Search the records for the word "else" and copy each line in which it appears.

____ RECORDED INFORMATION

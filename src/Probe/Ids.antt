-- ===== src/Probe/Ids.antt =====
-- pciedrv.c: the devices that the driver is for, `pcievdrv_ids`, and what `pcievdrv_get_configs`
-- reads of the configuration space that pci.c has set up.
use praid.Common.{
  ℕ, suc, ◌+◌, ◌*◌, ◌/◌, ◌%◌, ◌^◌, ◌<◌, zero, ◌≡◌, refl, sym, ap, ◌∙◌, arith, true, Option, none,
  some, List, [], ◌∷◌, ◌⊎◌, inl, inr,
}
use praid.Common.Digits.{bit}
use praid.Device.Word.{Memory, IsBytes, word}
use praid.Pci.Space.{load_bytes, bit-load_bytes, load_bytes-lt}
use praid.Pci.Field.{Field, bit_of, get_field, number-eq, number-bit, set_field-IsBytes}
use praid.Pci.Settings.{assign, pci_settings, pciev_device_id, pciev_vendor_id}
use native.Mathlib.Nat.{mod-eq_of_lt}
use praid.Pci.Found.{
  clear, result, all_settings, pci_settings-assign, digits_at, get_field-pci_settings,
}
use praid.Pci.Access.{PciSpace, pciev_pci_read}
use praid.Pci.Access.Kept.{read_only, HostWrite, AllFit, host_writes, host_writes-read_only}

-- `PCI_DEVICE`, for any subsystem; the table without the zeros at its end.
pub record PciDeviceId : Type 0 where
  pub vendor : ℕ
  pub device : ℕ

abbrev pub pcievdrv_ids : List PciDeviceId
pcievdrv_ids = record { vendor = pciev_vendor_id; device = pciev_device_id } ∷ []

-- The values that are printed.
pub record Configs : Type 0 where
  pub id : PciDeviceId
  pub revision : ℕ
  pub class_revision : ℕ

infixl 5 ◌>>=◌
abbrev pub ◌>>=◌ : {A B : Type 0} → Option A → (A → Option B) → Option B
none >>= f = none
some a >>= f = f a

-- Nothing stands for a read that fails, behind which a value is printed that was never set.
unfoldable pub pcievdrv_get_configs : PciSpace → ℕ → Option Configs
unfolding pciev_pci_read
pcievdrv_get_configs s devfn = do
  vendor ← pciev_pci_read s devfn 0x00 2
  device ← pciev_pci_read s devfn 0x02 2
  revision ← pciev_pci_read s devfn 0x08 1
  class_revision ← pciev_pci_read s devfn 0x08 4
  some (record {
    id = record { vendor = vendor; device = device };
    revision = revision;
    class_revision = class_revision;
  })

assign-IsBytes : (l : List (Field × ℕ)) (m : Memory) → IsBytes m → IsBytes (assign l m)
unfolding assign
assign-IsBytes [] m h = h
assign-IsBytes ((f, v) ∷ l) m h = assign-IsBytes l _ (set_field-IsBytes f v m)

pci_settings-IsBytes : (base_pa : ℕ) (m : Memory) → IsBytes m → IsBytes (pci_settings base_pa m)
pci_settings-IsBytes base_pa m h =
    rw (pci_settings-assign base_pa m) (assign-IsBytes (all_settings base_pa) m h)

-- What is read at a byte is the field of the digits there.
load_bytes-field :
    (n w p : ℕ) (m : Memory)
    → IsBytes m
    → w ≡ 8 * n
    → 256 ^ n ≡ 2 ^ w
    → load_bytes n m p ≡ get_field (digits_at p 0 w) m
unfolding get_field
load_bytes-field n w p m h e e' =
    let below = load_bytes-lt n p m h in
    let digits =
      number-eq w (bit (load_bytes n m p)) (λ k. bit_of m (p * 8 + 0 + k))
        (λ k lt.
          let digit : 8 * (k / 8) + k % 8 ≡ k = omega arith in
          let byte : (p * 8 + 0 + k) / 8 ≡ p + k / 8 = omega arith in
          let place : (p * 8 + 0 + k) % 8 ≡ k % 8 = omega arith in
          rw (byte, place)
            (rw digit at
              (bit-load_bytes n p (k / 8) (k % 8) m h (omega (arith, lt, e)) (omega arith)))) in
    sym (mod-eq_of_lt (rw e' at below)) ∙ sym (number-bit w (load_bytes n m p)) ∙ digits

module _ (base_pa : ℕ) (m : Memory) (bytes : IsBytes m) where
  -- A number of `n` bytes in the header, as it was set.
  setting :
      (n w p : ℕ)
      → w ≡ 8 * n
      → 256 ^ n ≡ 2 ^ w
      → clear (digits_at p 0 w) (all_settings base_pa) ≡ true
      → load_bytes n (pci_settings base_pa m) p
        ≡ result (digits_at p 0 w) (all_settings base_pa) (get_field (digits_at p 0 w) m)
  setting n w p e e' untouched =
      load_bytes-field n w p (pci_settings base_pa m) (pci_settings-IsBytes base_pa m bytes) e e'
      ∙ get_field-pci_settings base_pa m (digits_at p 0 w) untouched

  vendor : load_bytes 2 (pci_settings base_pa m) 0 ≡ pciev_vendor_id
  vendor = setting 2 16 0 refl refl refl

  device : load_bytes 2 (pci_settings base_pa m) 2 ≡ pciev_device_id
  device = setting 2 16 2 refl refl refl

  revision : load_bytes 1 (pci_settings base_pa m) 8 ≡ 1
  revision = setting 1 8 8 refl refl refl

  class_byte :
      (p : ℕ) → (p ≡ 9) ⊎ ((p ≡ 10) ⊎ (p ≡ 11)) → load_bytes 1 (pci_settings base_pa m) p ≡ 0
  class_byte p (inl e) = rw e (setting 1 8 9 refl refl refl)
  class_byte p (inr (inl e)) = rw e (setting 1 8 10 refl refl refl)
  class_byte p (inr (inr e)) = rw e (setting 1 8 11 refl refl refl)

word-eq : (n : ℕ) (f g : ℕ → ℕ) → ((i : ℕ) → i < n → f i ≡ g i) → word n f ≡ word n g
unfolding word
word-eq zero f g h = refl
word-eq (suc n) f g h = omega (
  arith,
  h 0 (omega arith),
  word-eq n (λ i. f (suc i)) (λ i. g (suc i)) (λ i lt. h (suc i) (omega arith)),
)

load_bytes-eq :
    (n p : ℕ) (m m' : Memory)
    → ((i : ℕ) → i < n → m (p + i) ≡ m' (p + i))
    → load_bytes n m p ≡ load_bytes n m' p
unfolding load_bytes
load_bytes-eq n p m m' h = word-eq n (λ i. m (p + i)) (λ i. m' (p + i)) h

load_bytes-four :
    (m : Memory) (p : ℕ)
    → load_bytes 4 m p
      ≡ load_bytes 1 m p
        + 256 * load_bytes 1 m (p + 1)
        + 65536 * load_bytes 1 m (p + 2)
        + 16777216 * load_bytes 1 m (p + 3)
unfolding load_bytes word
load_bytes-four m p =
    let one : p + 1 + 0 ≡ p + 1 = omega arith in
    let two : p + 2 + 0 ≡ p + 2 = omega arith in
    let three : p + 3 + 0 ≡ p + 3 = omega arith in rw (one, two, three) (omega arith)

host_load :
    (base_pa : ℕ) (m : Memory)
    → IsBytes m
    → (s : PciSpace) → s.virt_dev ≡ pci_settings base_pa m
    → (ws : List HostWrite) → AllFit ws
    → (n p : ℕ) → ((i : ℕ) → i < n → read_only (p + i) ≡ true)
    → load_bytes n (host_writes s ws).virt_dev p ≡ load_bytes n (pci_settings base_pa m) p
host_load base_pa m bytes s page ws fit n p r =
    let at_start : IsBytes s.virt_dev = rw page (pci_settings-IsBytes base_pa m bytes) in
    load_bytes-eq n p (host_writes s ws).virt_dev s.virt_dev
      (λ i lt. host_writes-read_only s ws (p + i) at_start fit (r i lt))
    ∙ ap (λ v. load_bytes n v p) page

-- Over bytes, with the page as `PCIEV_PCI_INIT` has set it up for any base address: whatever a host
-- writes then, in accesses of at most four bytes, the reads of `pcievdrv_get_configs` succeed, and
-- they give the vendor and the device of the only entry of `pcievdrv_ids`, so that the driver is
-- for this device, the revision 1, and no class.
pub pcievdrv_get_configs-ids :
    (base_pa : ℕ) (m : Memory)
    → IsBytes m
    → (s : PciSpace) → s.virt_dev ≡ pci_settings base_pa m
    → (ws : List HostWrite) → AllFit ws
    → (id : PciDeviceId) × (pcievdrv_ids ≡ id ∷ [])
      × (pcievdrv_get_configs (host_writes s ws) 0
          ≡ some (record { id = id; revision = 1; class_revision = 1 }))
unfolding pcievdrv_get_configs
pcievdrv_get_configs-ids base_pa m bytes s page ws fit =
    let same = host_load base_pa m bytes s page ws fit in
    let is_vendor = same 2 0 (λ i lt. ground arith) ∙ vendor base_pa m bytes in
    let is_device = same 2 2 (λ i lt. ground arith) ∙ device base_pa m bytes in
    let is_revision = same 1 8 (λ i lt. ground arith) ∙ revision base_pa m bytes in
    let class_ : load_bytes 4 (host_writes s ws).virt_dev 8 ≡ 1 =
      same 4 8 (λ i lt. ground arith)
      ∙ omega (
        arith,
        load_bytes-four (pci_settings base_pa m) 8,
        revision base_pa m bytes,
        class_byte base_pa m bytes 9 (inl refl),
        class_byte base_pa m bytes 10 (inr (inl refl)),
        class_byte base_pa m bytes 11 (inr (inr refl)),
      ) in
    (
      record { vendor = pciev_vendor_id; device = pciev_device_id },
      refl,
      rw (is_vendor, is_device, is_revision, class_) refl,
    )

________
____ RECORDED INFORMATION

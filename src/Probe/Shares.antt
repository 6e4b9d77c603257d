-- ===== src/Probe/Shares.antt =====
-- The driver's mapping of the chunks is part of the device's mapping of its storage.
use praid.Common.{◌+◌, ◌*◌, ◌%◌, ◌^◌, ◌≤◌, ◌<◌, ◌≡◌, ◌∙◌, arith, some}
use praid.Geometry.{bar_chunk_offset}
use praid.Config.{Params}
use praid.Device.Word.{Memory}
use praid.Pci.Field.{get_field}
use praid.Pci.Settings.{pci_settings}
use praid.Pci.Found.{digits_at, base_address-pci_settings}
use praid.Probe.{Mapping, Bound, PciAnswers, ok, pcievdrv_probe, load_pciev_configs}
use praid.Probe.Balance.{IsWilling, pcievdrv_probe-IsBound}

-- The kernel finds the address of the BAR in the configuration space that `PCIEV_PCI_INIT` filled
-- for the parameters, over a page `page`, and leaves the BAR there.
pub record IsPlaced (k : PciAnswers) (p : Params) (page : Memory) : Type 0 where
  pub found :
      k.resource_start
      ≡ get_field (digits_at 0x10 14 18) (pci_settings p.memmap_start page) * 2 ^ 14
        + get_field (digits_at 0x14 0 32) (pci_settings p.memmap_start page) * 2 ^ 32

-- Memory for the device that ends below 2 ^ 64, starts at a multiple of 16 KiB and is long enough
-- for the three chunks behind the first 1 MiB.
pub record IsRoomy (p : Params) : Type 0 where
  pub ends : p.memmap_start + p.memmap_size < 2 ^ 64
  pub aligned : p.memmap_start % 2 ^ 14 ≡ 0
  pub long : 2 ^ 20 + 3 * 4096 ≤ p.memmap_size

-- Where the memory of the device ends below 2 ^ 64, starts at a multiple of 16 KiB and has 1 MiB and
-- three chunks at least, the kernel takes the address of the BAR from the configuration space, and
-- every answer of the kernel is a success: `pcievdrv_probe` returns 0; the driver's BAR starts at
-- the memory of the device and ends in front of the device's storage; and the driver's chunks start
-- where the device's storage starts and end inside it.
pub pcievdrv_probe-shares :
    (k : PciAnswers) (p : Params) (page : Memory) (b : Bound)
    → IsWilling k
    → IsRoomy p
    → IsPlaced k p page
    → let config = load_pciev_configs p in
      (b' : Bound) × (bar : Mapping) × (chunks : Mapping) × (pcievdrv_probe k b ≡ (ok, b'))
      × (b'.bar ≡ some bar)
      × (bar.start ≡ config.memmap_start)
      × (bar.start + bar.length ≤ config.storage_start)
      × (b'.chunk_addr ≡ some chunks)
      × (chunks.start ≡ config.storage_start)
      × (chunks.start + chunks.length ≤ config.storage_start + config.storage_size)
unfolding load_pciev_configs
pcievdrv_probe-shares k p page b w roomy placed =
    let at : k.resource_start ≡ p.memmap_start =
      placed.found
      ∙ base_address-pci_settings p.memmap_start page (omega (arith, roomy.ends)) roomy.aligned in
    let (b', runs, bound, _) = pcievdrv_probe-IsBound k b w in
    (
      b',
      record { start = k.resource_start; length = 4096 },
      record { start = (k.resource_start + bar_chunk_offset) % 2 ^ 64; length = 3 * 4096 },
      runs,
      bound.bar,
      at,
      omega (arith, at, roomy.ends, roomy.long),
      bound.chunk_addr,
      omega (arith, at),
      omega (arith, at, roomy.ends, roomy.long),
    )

________
____ RECORDED INFORMATION

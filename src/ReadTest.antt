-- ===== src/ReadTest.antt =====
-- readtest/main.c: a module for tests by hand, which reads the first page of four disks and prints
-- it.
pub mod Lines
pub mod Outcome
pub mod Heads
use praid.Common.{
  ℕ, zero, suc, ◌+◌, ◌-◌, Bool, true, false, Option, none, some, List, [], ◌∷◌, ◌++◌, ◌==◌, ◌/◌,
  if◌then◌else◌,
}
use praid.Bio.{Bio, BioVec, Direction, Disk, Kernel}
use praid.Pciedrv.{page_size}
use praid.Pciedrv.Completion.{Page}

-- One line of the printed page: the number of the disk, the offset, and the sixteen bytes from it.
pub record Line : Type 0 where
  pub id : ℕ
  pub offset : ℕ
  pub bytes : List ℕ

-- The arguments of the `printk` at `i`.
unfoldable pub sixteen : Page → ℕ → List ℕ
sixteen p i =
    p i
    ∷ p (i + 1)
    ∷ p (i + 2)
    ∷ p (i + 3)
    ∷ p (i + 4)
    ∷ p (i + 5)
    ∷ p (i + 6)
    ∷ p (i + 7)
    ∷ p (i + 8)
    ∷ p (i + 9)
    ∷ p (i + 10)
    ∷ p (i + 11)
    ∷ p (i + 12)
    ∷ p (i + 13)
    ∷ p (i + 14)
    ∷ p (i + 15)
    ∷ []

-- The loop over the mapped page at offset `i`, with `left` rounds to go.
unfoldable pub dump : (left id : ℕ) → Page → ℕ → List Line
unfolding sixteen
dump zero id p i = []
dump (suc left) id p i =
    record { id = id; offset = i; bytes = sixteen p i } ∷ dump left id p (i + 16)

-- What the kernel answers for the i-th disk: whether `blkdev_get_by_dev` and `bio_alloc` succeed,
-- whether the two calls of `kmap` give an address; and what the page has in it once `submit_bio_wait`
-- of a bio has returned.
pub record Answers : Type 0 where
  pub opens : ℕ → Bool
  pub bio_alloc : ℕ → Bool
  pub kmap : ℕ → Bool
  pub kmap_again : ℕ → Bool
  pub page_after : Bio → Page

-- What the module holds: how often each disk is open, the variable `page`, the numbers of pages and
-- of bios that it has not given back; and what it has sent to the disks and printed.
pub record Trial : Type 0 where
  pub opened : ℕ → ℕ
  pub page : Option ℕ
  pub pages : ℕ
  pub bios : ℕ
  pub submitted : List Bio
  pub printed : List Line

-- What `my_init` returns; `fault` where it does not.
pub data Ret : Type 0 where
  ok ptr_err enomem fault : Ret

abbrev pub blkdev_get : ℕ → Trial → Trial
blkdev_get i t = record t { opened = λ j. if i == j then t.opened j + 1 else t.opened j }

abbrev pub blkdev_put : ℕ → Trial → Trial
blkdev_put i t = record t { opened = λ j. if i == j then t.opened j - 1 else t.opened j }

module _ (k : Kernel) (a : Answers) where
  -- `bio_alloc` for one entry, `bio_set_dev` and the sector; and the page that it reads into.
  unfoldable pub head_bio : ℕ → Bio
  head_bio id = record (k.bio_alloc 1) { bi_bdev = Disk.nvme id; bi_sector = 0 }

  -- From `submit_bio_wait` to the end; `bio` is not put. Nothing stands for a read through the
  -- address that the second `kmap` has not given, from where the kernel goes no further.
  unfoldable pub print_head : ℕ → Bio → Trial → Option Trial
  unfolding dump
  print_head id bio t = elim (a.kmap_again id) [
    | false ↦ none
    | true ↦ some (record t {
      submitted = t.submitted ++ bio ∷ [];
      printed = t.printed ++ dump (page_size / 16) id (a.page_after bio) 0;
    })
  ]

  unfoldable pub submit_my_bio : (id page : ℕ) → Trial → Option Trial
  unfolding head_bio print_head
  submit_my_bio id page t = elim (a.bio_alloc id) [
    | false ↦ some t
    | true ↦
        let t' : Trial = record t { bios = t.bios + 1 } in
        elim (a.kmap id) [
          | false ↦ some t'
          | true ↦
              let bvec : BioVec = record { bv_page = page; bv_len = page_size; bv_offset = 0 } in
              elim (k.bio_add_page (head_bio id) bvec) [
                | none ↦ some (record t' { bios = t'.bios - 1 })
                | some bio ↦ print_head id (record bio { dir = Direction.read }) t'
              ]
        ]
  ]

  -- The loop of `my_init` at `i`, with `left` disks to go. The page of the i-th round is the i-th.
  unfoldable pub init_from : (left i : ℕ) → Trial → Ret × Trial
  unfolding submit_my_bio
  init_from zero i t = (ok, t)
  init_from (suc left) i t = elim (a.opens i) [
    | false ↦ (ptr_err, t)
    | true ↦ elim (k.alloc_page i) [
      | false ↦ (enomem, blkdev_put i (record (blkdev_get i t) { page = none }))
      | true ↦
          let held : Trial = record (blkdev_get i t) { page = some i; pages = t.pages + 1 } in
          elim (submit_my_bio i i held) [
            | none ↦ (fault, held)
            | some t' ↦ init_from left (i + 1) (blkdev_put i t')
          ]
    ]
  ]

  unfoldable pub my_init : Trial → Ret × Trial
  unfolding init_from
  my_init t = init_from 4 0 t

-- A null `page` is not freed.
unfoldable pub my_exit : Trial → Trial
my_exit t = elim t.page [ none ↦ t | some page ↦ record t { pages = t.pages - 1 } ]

________

## WORKED SOLUTION
  if◌then◌else◌,
blkdev_get i t = record t { opened = λ j. if i == j then t.opened j + 1 else t.opened j }
blkdev_put i t = record t { opened = λ j. if i == j then t.opened j - 1 else t.opened j }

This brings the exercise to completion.